*THE PROBLEM*:
Lines of the records that hold the word "AccountingPeriodCreate" are to be counted; give the number and nothing more.

----- DATA FOR PROCESSING

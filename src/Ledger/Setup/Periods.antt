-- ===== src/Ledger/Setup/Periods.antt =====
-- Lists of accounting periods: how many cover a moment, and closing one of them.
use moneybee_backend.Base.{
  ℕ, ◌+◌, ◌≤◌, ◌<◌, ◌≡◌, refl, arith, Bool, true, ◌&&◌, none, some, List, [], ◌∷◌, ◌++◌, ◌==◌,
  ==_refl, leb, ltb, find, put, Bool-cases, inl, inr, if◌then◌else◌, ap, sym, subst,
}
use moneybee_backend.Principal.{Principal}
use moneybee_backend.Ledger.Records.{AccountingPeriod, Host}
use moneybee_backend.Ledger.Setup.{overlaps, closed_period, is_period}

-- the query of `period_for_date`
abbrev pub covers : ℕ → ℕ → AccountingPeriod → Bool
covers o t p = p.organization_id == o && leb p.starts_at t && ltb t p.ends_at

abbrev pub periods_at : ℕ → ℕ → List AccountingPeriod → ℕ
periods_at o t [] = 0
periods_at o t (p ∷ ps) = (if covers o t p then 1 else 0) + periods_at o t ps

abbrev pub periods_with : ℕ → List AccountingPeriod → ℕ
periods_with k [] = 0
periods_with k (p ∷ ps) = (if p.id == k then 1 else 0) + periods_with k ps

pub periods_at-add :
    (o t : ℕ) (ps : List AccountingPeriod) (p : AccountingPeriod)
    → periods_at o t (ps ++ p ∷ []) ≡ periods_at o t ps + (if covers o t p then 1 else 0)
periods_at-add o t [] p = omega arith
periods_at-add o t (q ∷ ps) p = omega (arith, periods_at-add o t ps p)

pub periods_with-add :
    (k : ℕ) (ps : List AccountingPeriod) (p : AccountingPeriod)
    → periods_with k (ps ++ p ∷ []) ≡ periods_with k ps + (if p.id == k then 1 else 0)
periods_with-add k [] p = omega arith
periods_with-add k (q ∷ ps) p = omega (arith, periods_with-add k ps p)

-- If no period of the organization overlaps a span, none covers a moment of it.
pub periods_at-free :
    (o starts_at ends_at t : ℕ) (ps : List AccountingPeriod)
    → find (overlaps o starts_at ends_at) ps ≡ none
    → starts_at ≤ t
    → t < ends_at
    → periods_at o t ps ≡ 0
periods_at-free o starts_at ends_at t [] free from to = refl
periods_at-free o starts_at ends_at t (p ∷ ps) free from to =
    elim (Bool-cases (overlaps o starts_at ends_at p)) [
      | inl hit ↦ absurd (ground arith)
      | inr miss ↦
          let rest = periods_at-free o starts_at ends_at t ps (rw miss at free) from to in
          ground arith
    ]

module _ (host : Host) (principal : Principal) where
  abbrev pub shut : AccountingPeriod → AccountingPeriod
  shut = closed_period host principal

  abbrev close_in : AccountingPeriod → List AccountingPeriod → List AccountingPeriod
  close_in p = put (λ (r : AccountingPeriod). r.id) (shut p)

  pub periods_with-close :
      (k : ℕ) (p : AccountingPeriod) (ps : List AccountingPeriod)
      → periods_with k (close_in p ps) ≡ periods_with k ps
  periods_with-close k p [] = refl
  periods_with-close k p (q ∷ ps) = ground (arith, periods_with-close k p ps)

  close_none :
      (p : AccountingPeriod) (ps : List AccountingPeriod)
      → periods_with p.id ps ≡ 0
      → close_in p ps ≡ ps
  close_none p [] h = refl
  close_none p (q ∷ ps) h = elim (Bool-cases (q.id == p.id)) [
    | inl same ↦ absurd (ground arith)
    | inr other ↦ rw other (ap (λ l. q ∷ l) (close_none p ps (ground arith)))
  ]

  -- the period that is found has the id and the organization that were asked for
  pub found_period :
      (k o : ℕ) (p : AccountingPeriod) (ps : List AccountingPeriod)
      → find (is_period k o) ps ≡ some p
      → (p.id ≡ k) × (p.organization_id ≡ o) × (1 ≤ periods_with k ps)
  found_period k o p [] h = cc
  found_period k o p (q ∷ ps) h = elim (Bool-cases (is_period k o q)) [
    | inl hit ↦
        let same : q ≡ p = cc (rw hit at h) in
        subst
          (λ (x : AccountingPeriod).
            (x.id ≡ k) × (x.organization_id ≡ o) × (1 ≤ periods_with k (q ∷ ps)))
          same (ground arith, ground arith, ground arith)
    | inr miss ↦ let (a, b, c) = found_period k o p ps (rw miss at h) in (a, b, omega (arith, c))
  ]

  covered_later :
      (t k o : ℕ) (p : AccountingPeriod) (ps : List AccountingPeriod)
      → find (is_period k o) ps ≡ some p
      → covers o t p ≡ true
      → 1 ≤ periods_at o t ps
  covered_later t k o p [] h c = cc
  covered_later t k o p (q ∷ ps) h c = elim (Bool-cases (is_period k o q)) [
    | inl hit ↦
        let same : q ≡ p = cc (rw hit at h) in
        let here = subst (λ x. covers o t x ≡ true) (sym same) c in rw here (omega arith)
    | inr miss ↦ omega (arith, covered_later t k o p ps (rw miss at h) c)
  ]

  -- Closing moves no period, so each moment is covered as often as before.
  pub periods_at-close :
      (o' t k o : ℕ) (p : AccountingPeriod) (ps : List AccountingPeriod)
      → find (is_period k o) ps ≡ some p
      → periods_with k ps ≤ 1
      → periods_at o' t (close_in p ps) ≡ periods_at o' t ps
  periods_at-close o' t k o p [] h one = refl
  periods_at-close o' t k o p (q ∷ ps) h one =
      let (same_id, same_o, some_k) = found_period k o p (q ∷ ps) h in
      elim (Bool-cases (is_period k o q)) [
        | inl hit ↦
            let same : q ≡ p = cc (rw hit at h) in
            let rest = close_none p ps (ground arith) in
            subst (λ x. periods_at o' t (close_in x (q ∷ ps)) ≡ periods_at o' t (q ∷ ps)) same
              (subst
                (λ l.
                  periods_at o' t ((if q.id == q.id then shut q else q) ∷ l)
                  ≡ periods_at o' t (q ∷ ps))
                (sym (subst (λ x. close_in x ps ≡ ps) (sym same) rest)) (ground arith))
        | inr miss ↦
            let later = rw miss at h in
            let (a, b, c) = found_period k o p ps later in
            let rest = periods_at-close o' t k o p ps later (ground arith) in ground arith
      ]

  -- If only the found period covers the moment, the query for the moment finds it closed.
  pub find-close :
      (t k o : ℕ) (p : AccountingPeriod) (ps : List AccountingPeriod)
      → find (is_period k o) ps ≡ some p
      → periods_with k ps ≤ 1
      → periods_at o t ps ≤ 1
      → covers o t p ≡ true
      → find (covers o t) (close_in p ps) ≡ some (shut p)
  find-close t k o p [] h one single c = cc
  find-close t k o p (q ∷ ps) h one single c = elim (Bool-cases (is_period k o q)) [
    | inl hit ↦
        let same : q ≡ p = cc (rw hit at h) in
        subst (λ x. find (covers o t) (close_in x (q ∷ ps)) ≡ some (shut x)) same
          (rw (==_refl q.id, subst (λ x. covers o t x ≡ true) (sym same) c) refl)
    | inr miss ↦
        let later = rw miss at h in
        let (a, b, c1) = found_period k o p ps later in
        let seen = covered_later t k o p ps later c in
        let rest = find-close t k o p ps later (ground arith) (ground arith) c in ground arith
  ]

----------
----- DATA FOR PROCESSING

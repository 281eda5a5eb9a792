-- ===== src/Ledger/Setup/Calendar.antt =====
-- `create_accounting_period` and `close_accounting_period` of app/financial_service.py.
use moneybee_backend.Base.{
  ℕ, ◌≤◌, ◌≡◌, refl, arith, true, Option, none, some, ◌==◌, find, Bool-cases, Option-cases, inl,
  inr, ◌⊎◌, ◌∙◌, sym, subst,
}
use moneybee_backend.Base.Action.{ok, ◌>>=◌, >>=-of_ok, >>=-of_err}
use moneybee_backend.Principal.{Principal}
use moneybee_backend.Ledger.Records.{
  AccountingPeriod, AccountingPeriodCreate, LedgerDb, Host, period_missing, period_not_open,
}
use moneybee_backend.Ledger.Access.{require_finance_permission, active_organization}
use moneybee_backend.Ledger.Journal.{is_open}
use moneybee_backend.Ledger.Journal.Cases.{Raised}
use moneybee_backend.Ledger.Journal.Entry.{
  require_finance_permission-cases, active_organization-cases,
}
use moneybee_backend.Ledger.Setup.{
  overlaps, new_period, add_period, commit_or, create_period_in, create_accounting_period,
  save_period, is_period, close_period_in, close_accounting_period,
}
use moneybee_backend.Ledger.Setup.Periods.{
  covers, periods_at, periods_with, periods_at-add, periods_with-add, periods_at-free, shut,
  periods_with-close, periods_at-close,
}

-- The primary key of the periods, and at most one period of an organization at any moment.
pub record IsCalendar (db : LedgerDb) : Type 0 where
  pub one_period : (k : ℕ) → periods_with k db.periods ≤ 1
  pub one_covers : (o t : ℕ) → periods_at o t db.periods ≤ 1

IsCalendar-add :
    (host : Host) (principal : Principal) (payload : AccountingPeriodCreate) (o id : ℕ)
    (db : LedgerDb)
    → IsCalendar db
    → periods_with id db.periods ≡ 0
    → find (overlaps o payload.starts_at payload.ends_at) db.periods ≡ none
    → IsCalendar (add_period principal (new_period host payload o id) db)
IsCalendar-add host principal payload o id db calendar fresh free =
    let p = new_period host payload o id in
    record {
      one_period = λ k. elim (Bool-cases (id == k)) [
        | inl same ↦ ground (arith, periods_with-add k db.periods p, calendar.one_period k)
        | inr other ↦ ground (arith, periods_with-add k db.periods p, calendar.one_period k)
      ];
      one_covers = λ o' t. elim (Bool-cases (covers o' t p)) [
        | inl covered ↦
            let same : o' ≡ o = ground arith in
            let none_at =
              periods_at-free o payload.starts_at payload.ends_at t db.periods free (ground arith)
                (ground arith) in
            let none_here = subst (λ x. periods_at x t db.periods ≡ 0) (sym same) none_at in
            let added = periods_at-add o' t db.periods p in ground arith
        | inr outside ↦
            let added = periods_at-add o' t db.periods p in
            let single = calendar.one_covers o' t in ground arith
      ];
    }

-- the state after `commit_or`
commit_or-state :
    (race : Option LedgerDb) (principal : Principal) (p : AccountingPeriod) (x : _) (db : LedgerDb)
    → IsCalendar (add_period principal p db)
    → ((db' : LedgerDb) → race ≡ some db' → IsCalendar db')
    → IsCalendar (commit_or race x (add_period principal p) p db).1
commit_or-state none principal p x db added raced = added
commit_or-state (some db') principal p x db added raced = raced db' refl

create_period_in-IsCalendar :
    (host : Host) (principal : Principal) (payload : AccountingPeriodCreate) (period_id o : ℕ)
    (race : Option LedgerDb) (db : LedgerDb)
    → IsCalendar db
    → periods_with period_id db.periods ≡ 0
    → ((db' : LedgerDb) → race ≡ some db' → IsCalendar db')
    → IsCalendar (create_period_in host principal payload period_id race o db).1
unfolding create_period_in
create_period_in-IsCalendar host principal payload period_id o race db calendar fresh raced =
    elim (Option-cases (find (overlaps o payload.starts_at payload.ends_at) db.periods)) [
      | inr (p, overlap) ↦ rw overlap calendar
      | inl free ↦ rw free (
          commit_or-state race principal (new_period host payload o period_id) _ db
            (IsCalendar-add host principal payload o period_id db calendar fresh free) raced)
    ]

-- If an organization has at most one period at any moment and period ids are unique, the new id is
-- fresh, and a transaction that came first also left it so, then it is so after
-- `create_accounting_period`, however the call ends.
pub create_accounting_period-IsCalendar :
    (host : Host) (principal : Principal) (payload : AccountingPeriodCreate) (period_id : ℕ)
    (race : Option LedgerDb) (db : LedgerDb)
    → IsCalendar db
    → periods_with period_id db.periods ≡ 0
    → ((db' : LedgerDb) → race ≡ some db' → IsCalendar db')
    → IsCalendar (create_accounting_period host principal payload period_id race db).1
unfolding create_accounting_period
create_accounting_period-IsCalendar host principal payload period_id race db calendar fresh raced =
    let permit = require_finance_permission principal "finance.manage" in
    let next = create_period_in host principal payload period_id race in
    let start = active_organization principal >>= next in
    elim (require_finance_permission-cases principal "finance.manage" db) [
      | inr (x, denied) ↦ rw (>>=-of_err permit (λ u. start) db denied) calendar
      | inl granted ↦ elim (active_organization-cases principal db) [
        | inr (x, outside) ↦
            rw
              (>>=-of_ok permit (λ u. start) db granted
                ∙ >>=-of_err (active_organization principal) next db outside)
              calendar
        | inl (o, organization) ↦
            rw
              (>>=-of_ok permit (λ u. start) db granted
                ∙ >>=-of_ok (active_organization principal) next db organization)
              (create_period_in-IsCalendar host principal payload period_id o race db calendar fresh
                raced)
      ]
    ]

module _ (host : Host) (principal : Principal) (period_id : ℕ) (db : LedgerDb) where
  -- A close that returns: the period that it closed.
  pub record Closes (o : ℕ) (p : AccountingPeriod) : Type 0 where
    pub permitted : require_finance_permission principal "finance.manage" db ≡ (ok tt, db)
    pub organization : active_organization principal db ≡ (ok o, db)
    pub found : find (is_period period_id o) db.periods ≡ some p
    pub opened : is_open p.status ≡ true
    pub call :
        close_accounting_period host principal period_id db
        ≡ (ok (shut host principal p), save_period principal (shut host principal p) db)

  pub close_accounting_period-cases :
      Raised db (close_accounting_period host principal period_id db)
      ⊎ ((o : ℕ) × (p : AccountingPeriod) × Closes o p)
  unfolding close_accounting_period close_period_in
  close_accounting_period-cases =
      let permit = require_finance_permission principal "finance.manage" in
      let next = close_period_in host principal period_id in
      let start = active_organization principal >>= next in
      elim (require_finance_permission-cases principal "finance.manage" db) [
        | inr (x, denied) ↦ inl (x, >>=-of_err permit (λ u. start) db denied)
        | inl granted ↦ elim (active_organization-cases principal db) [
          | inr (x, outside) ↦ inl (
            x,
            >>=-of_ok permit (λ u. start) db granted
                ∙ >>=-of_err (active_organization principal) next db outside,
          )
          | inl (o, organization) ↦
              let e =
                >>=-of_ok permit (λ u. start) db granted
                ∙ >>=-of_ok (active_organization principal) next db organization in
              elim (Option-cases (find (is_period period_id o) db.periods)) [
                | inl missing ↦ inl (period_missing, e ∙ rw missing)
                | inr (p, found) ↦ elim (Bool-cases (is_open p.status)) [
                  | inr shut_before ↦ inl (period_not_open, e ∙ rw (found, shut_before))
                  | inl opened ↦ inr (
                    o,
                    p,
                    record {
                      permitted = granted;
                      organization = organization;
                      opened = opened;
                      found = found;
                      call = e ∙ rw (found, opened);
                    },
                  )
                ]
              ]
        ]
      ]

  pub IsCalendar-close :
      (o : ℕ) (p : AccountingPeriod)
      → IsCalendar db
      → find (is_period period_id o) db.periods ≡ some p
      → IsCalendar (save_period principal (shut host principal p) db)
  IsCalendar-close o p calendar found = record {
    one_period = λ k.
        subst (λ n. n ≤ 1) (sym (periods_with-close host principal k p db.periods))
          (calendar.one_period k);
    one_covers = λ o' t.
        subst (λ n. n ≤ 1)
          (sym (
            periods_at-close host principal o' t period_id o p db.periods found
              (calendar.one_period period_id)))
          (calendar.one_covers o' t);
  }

----------

*TASK RESPONSE*:
4